Since 2015, he has been Artiste associé at the National Theatre of Strasbourg in Strasbourg, France; and since 2017, he has been working as resident director at the Deutsches Schauspielhaus in Hamburg.

Richter was elected "director of the year" by theater critics in a survey of the monthly Theater heute in August 2018. His production of Elfriede Jelinek's play Am Königsweg in Hamburg was voted "production of the year 2018". In February 2019, he received a Special Teddy Award at the Berlin International Film Festival.

Richter was visiting professor for directing at the
Ernst Busch Academy of Dramatic Arts in Berlin. In 2019, he started to serve a five-year term as professor of performing arts at the Danish National School of Performing Arts in Copenhagen, Denmark. Starting with the 2020/2021 season, Richter was to be leading director at the Munich Kammerspiele in Munich.
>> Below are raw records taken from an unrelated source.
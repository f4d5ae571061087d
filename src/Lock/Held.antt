-- ===== src/Lock/Held.antt =====
-- Mutual exclusion of the lock, app/core/dist_lock.py: a lease that is held is not taken, prolonged or
-- deleted by anyone but its owner before it expires.
use mathlib.Core.Option.{some-injective}
use soc360_pymes.Prelude.{
  ℕ, ◌+◌, ◌<◌, ◌≡◌, refl, ap, sym, ◌∙◌, Bool, true, false, ◌||◌, Option, none, some, List, [], ◌∷◌,
  arith, All, ltb, ◌==◌, is_some, Bool-cases, Option-cases, inl, inr,
}
use soc360_pymes.Outcome.{ok, err_not_ok, ok-injective}
use soc360_pymes.Lock.{
  Lease, LockWorld, LockHandle, holder, set_lock, renew_script, release_script, first_set, leased,
  acquire, second_set, retry, mark_lost, renewed, renew, finish_release, release, bad_ttl,
  lock_reentry, redis_outage, lock_timeout, new_handle,
}

-- One step of one process.
pub data LockStep : Type 0 where
  take : Bool → ℕ → ℕ → ℕ → ℕ → LockStep
  take_again : Bool → Bool → ℕ → ℕ → ℕ → ℕ → LockStep
  prolong : Bool → ℕ → ℕ → LockHandle → LockStep
  give_back : Bool → ℕ → LockHandle → LockStep

abbrev pub run_step : LockStep → LockWorld → LockWorld
run_step (take goes process token ttl now) w = (acquire goes process token ttl now w).1
run_step (take_again goes in_time process token ttl now) w =
    (retry goes in_time process token ttl now w).1
run_step (prolong goes ttl now h) w = (renew goes ttl now h w).1
run_step (give_back goes now h) w = (release goes now h w).1

abbrev pub run_steps : List LockStep → LockWorld → LockWorld
run_steps [] w = w
run_steps (s ∷ steps) w = run_steps steps (run_step s w)

-- the token that a step acts for, and when
abbrev pub token_of : LockStep → ℕ
token_of (take goes process token ttl now) = token
token_of (take_again goes in_time process token ttl now) = token
token_of (prolong goes ttl now h) = h.token
token_of (give_back goes now h) = h.token

abbrev pub time_of : LockStep → ℕ
time_of (take goes process token ttl now) = now
time_of (take_again goes in_time process token ttl now) = now
time_of (prolong goes ttl now h) = now
time_of (give_back goes now h) = now

module _ (l : Lease) where
  live : (now : ℕ) → now < l.expires → holder (some l) now ≡ some l.token
  unfolding holder
  live now h = ground (arith, h)

  set_lock-live :
      (token ttl now : ℕ) → now < l.expires → set_lock token ttl now (some l) ≡ (false, some l)
  unfolding set_lock
  set_lock-live token ttl now h = rw (set_lock, live now h) refl

  renew_script-live :
      (token ttl now : ℕ)
      → now < l.expires
      → (l.token == token) ≡ false
      → renew_script token ttl now (some l) ≡ (false, some l)
  unfolding renew_script
  renew_script-live token ttl now h other = rw (renew_script, live now h, other) refl

  release_script-live :
      (token now : ℕ)
      → now < l.expires
      → (l.token == token) ≡ false
      → release_script token now (some l) ≡ (false, some l)
  unfolding release_script
  release_script-live token now h other = rw (release_script, live now h, other) refl

  mark_lost-lease : (h : LockHandle) (w : LockWorld) → (mark_lost h w).lease ≡ w.lease
  unfolding mark_lost
  mark_lost-lease h w = ground arith

  module _ (w : LockWorld) (e : w.lease ≡ some l) where
    first_set-kept :
        (process token ttl : ℕ) (x : Bool × Option Lease)
        → x ≡ (false, some l)
        → (first_set process token ttl x w).1.lease ≡ some l
    unfolding first_set
    first_set-kept process token ttl x h = rw h (ground (arith, e))

    second_set-kept :
        (in_time : Bool) (process token ttl : ℕ) (x : Bool × Option Lease)
        → x ≡ (false, some l)
        → (second_set in_time process token ttl x w).1.lease ≡ some l
    unfolding second_set
    second_set-kept in_time process token ttl x h = rw h (ground (arith, e))

    renewed-kept :
        (h : LockHandle) (ttl : ℕ) (x : Bool × Option Lease)
        → x ≡ (false, some l)
        → (renewed h ttl x w).1.lease ≡ some l
    unfolding renewed
    renewed-kept h ttl x g = rw g (mark_lost-lease h w ∙ e)

    finish_release-kept :
        (h : LockHandle) (x : Bool × Option Lease)
        → x ≡ (false, some l)
        → (finish_release h x w).1.lease ≡ some l
    unfolding finish_release
    finish_release-kept h x g = rw g (mark_lost-lease h w ∙ e)

    acquire-kept :
        (goes : Bool) (process token ttl now : ℕ)
        → now < l.expires
        → (acquire goes process token ttl now w).1.lease ≡ some l
    unfolding acquire
    acquire-kept goes process token ttl now h = elim (Bool-cases (ltb ttl 1)) [
      | inl a ↦ rw a e
      | inr a ↦ elim (Bool-cases goes) [
        | inr g ↦ rw (a, g) e
        | inl g ↦
            rw (a, g)
              (first_set-kept process token ttl (set_lock token ttl now w.lease)
                (ap (set_lock token ttl now) e ∙ set_lock-live token ttl now h))
      ]
    ]

    retry-kept :
        (goes in_time : Bool) (process token ttl now : ℕ)
        → now < l.expires
        → (retry goes in_time process token ttl now w).1.lease ≡ some l
    unfolding retry
    retry-kept true in_time process token ttl now h =
        second_set-kept in_time process token ttl (set_lock token ttl now w.lease)
          (ap (set_lock token ttl now) e ∙ set_lock-live token ttl now h)
    retry-kept false in_time process token ttl now h = e

    renew-kept :
        (goes : Bool) (ttl now : ℕ) (h : LockHandle)
        → now < l.expires
        → (l.token == h.token) ≡ false
        → (renew goes ttl now h w).1.lease ≡ some l
    unfolding renew
    renew-kept goes ttl now h early other = elim (Bool-cases (h.lost || h.released)) [
      | inl a ↦ rw a e
      | inr a ↦ elim (Bool-cases (ltb ttl 1)) [
        | inl b ↦ rw (a, b) e
        | inr b ↦ elim (Bool-cases goes) [
          | inr g ↦ rw (a, b, g) e
          | inl g ↦
              rw (a, b, g)
                (renewed-kept h ttl (renew_script h.token ttl now w.lease) (
                  ap (renew_script h.token ttl now) e
                  ∙ renew_script-live h.token ttl now early other))
        ]
      ]
    ]

    release-kept :
        (goes : Bool) (now : ℕ) (h : LockHandle)
        → now < l.expires
        → (l.token == h.token) ≡ false
        → (release goes now h w).1.lease ≡ some l
    unfolding release
    release-kept goes now h early other = elim (Bool-cases h.released) [
      | inl a ↦ simp a e
      | inr a ↦ elim (Bool-cases h.lost) [
        | inl b ↦ simp (a, b) e
        | inr b ↦ elim (Bool-cases goes) [
          | inr g ↦ simp (a, b, g) e
          | inl g ↦
              simp (a, b, g)
                (finish_release-kept h (release_script h.token now w.lease)
                  (ap (release_script h.token now) e ∙ release_script-live h.token now early other))
        ]
      ]
    ]

    step_kept :
        (s : LockStep)
        → time_of s < l.expires
        → (l.token == token_of s) ≡ false
        → (run_step s w).lease ≡ some l
    step_kept (take goes process token ttl now) early other =
        acquire-kept goes process token ttl now early
    step_kept (take_again goes in_time process token ttl now) early other =
        retry-kept goes in_time process token ttl now early
    step_kept (prolong goes ttl now h) early other = renew-kept goes ttl now h early other
    step_kept (give_back goes now h) early other = release-kept goes now h early other

  steps_kept :
      (steps : List LockStep) (w : LockWorld)
      → w.lease ≡ some l
      → All (λ s. (time_of s < l.expires) × ((l.token == token_of s) ≡ false)) steps
      → (run_steps steps w).lease ≡ some l
  steps_kept [] w e h = e
  steps_kept (s ∷ steps) w e h = steps_kept steps (run_step s w) (step_kept w e s h.0.0 h.0.1) h.1

no_win :
    (process token ttl : ℕ) (lease : Option Lease) (w : LockWorld) (h : LockHandle)
    → (first_set process token ttl (false, lease) w).0 ≡ ok (some h)
    → ⊥
unfolding first_set
no_win process token ttl lease w h e = elim (Bool-cases (is_some (w.active process))) [
  | inl a ↦ err_not_ok lock_reentry (some h) (rw a at e)
  | inr a ↦ cc (ok-injective none (some h) (rw a at e))
]

won_token :
    (process token ttl : ℕ) (lease : Option Lease) (w : LockWorld) (h : LockHandle)
    → (first_set process token ttl (true, lease) w).0 ≡ ok (some h)
    → h.token ≡ token
unfolding first_set
won_token process token ttl lease w h e = sym (
    ap (λ (x : LockHandle). x.token)
      (some-injective (new_handle process token ttl) h
        (ok-injective (some (new_handle process token ttl)) (some h) e)))

won_lease :
    (process token ttl now : ℕ) (w : LockWorld) (h : LockHandle)
    → (acquire true process token ttl now w).0 ≡ ok (some h)
    → ((acquire true process token ttl now w).1.lease
        ≡ some (record { token = token; expires = now + ttl }))
      × (holder w.lease now ≡ none)
      × (h.token ≡ token)
unfolding acquire set_lock first_set
won_lease process token ttl now w h e = elim (Bool-cases (ltb ttl 1)) [
  | inl a ↦ absurd (err_not_ok bad_ttl (some h) (rw a at e))
  | inr a ↦ elim (Option-cases (holder w.lease now)) [
    | inl free ↦
        rw (a, free)
          (refl, refl, won_token process token ttl (leased token ttl now) w h (rw (a, free) at e))
    | inr (k, held) ↦ absurd (no_win process token ttl w.lease w h (rw (a, held) at e))
  ]
]

second_lost :
    (in_time : Bool) (process token ttl : ℕ) (lease : Option Lease) (w : LockWorld) (h : LockHandle)
    → (second_set in_time process token ttl (false, lease) w).0 ≡ ok h
    → ⊥
unfolding second_set
second_lost true process token ttl lease w h e = err_not_ok lock_timeout h e
second_lost false process token ttl lease w h e = err_not_ok lock_timeout h e

second_token :
    (in_time : Bool) (process token ttl : ℕ) (lease : Option Lease) (w : LockWorld) (h : LockHandle)
    → (second_set in_time process token ttl (true, lease) w).0 ≡ ok h
    → ((second_set in_time process token ttl (true, lease) w).1.lease ≡ lease) × (h.token ≡ token)
unfolding second_set
second_token true process token ttl lease w h e =
    (refl, sym (ap (λ (x : LockHandle). x.token) (ok-injective (new_handle process token ttl) h e)))
second_token false process token ttl lease w h e = absurd (err_not_ok lock_timeout h e)

-- the retry that yields a handle won the key, and in time
second_lease :
    (goes in_time : Bool) (process token ttl now : ℕ) (w : LockWorld) (h : LockHandle)
    → (retry goes in_time process token ttl now w).0 ≡ ok h
    → ((retry goes in_time process token ttl now w).1.lease
        ≡ some (record { token = token; expires = now + ttl }))
      × (holder w.lease now ≡ none)
      × (h.token ≡ token)
unfolding retry set_lock second_set
second_lease false true process token ttl now w h e = absurd (err_not_ok redis_outage h e)
second_lease false false process token ttl now w h e = absurd (err_not_ok lock_timeout h e)
second_lease true in_time process token ttl now w h e = elim (Option-cases (holder w.lease now)) [
  | inr (k, held) ↦
      absurd (second_lost in_time process token ttl w.lease w h (rw (set_lock, held) at e))
  | inl free ↦
      let (kept, mine) =
        second_token in_time process token ttl (leased token ttl now) w h
          (rw (set_lock, free) at e) in
      rw (set_lock, free) (kept, refl, mine)
]

-- What the process of a step was answered: a handle, from the first SET or from the retry.
abbrev pub Gets : LockStep → LockWorld → LockHandle → Type 0
Gets (take goes process token ttl now) w h = (acquire goes process token ttl now w).0 ≡ ok (some h)
Gets (take_again goes in_time process token ttl now) w h =
    (retry goes in_time process token ttl now w).0 ≡ ok h
Gets (prolong goes ttl now handle) w h = ⊥
Gets (give_back goes now handle) w h = ⊥

-- when the time to live of the lease that a step asks for has passed
abbrev pub until : LockStep → ℕ
until (take goes process token ttl now) = now + ttl
until (take_again goes in_time process token ttl now) = now + ttl
until (prolong goes ttl now h) = now + ttl
until (give_back goes now h) = now

abbrev lease_of : LockStep → Lease
lease_of s = record { token = token_of s; expires = until s }

no_answer :
    (process token ttl now : ℕ) (w : LockWorld) (h : LockHandle)
    → (acquire false process token ttl now w).0 ≡ ok (some h)
    → ⊥
unfolding acquire
no_answer process token ttl now w h e = elim (Bool-cases (ltb ttl 1)) [
  | inl a ↦ err_not_ok bad_ttl (some h) (rw a at e)
  | inr a ↦ err_not_ok redis_outage (some h) (rw a at e)
]

Gets-lease :
    (s : LockStep) (w : LockWorld) (h : LockHandle)
    → Gets s w h
    → ((run_step s w).lease ≡ some (lease_of s))
      × (holder w.lease (time_of s) ≡ none)
      × (h.token ≡ token_of s)
Gets-lease (take true process token ttl now) w h e = won_lease process token ttl now w h e
Gets-lease (take false process token ttl now) w h e = absurd (no_answer process token ttl now w h e)
Gets-lease (take_again goes in_time process token ttl now) w h e =
    second_lease goes in_time process token ttl now w h e
Gets-lease (prolong goes ttl now handle) w h e = absurd e
Gets-lease (give_back goes now handle) w h e = absurd e

-- Mutual exclusion. A process that is answered with a handle, by the first SET or by the retry, holds the
-- key under the handle's token, and the key was free; and until the time to live has passed, whatever
-- acquisitions, retries, renewals and releases other owners make, the key still holds that token.
pub lock_held :
    (s : LockStep) (w : LockWorld) (h : LockHandle) (steps : List LockStep) (t : ℕ)
    → Gets s w h
    → All (λ x. (time_of x < until s) × ((h.token == token_of x) ≡ false)) steps
    → t < until s
    → (holder w.lease (time_of s) ≡ none)
      × (holder (run_steps steps (run_step s w)).lease t ≡ some h.token)
lock_held s w h steps t e others early =
    let (taken, free, mine) = Gets-lease s w h e in
    (
      free,
      ap (λ (x : Option Lease). holder x t)
            (steps_kept (lease_of s) steps (run_step s w) taken (rw mine at others))
          ∙ live (lease_of s) t early
          ∙ ap some (sym mine),
    )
His plays have been translated into more than twenty-five languages and have been produced all over the world.

===Plays (selection)===
- Alles in einer Nacht, premiered at the Hamburg Kammerspiele 1996, Fischer-Verlag
- Kult – Geschichten für eine virtuelle Generation, (trilogy)/premiered at the Düsseldorf Schauspielhaus 1996: Portrait Image Konzept (Teil 1), Section (Teil 2), KULT (Teil 3), Fischer-Verlag
- Gott ist ein DJ, premiered at the Staatstheater Mainz 1998, Fischer-Verlag
- Nothing Hurts, premiered in Utrecht 1999, Fischer-Verlag
- Peace, premiered at the Schaubühne am Lehniner Platz 2000, Fischer-Verlag
- Electronic City, (Sieben Sekunden), Fischer-Verlag
- Das System, premiered at the Schaubühne am Lehniner Platz 2004, Fischer-Verlag
- Unter Eis, premiered at Schaubühne am Lehniner Platz 2004, Fischer-Verlag
- Hotel Palestine, premiered at the Schaubühne am Lehniner Platz 2004, Fischer-Verlag
- Die Verstörung, premiered at the Schaubühne am Lehniner Platz 2005, Fischer-Verlag
- Verletzte Jugend, premiered at Festival Liége / Theatre National Bruxelles 2009, Fischer-Verlag
- Trust, premiered at the Schaubühne am Lehniner Platz 2009, Fischer-Verlag
- My Secret Garden, premiered at Festival d'Avignon 2010, L'Arche Éditeur, Paris, 2010, Fischer-Verlag

===Awards===
- 2001: Audio play award of the Academy of Arts, Berlin for Nothing hurts – Szenen und Samples, directed by Antje Vowinckel
- 2013: Friedrich Luft Preis for best production in Berlin and Potsdam for the production of For the Disconnected Child at the Schaubühne Berlin
- 2018: Director of the year and Production of the year for the production of Am Königsweg by Elfriede Jelinek at the Deutsches Schauspielhaus in Hamburg, elected by the monthly Theater heute
- 2019: Chevalier de l'Ordre des Arts et des Lettres
- 2019: Special Teddy Award

===Literature===
Deiters, Franz-Josef: "'Ich habe also nach einer Form gesucht, Theater als Forum zu begreifen'. Falk Richters Theater des politischen Aktivismus'. In: Franz-Josef Deiters: Neues Welttheater? Zur Mediologie des Theaters der Neo-Avantgarden. Erich Schmidt Verlag, Berlin 2022, pp. 55-84. ISBN 978-3-503-20998-9.